PAUL: One of the things I like to collect are vintage books, just for the covers. Those R.D. Laing ones, I’ve got a bunch of those. And then there’s that Andy Warhol cover, and Alvin Lustig, they’re just such great pieces of artwork on their own. Or anything from New Directions—those New Directions Books have just such amazing covers on them. And kid’s books, I like a lot of kid’s books from the ‘60s and ‘70s…A lot of the art work we like is really text driven, or text is often a big part of it. So, I don’t know, it seems like it’s not a big shift from liking books to artwork. Some of our books—we have this book series by Kay Rosen, it’s called List, where she takes french words and then the words in French are also words in English, and she takes the French words and puts them into English…
WENDY: You get it when you look at it.
PAUL: Look, I just wanna point out that there’s no shame in any of those books in the back.
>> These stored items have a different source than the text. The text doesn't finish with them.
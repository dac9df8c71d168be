-- ===== src/Wire.antt =====
-- wire_types.go: the plain values that a validated batch is turned into before it is encoded.
pub mod Lossless
use treetop_client_go.Base.{Bytes, List, Option, [], none, some, ◌∷◌}
use treetop_client_go.Cedar.{segments}
use treetop_client_go.Attr.{
  AttrType, AttrValue, AttrValues, Scalar, attr, attr_set, empty, item, set_type,
}
use treetop_client_go.Entities.{
  Action, Group, Principal, PrincipalKind, User, principal_group, principal_user, unset_kind,
}
use treetop_client_go.Request.{Attrs, Resource}
use treetop_client_go.Batch.{AuthRequest}

pub record GroupWire : Type 0 where
  pub id : Bytes
  pub namespace : List Bytes

pub record UserWire : Type 0 where
  pub id : Bytes
  pub namespace : List Bytes
  pub groups : List GroupWire

-- `User` and `Group` are pointers with `omitempty`.
pub record PrincipalWire : Type 0 where
  pub user : Option UserWire
  pub group : Option GroupWire

pub record ActionWire : Type 0 where
  pub id : Bytes
  pub namespace : List Bytes

-- A tag with a scalar or with a raw slice of attribute values (the tag is no set's then), or a set.
mutual
  pub data AttrWire : Type 0 where
    plain : AttrType → Scalar → AttrWire
    raw : AttrType → AttrValues → AttrWire
    set : AttrWires → AttrWire

  pub data AttrWires : Type 0 where
    end : AttrWires
    next : AttrWire → AttrWires → AttrWires

abbrev pub AttrMapWire : Type 0
AttrMapWire = List (Bytes × AttrWire)

pub record ResourceWire : Type 0 where
  pub kind : Bytes
  pub id : Bytes
  pub attrs : AttrMapWire

pub record AuthRequestWire : Type 0 where
  pub id : Bytes
  pub context : AttrMapWire
  pub principal : PrincipalWire
  pub action : ActionWire
  pub resource : ResourceWire

unfoldable mutual
  pub to_attr_wire : AttrValue → AttrWire
  to_attr_wire (attr set_type x) = set end
  to_attr_wire (attr kind x) = plain kind x
  to_attr_wire (attr_set set_type vs) = set (to_attr_wires vs)
  to_attr_wire (attr_set kind vs) = raw kind vs

  pub to_attr_wires : AttrValues → AttrWires
  to_attr_wires empty = end
  to_attr_wires (item v vs) = next (to_attr_wire v) (to_attr_wires vs)

-- The empty list stands for nil too: `omitempty` leaves both out.
unfoldable pub to_attr_map_wire : Attrs → AttrMapWire
to_attr_map_wire [] = []
to_attr_map_wire ((name, value) ∷ attrs) = (name, to_attr_wire value) ∷ to_attr_map_wire attrs

unfoldable pub to_group_wire : Group → GroupWire
to_group_wire g = record { id = g.id.value; namespace = segments g.namespace }

unfoldable pub to_group_wires : List Group → List GroupWire
to_group_wires [] = []
to_group_wires (g ∷ gs) = to_group_wire g ∷ to_group_wires gs

unfoldable pub to_user_wire : User → UserWire
to_user_wire u = record {
  id = u.id.value;
  namespace = segments u.namespace;
  groups = to_group_wires u.groups;
}

unfoldable pub wire_of_kind : PrincipalKind → User → Group → PrincipalWire
wire_of_kind principal_user u g = record { user = some (to_user_wire u); group = none }
wire_of_kind principal_group u g = record { user = none; group = some (to_group_wire g) }
wire_of_kind unset_kind u g = record { user = none; group = none }

unfoldable pub to_principal_wire : Principal → PrincipalWire
to_principal_wire p = wire_of_kind p.kind p.user p.group

unfoldable pub to_action_wire : Action → ActionWire
to_action_wire a = record { id = a.id.value; namespace = segments a.namespace }

unfoldable pub to_resource_wire : Resource → ResourceWire
to_resource_wire r = record {
  kind = r.kind.name;
  id = r.id.value;
  attrs = to_attr_map_wire r.attrs;
}

unfoldable pub to_auth_request_wire : AuthRequest → AuthRequestWire
to_auth_request_wire r = record {
  id = r.id.value;
  context = to_attr_map_wire r.context;
  principal = to_principal_wire r.request.principal;
  action = to_action_wire r.request.action;
  resource = to_resource_wire r.request.resource;
}

unfoldable pub to_authorize_request_wire : List AuthRequest → List AuthRequestWire
to_authorize_request_wire [] = []
to_authorize_request_wire (r ∷ rs) = to_auth_request_wire r ∷ to_authorize_request_wire rs

-- The definitions of this file, for a test by evaluation.
unfoldable pub wire_runs : Unit {0}
unfolding to_attr_wire to_attr_map_wire to_group_wire to_group_wires to_user_wire wire_of_kind
    to_principal_wire to_action_wire to_resource_wire to_auth_request_wire to_authorize_request_wire
wire_runs = tt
Like, in my ideal house I’d have a full room that would be a library. It’s about straight space. We have to really edit things, living in such a small space. We have a lot of junk. The problem is we’ve got the flat files for art, cds, records, there’s just too much stuff, it takes up too much space. I’m kind of bad at getting rid of things.
WENDY: Yeah, you really are. We did a cull once, when we were painting the shelf. We had to take everything off of there, so basically the entire contents of our apartment. There were books piled up under the couch and in all the corners.
PAUL: I liked that.
WENDY: There wasn’t room to walk.
PAUL: I kind of really like clutter. But then I also like it very clean, too. So I have that inner battle.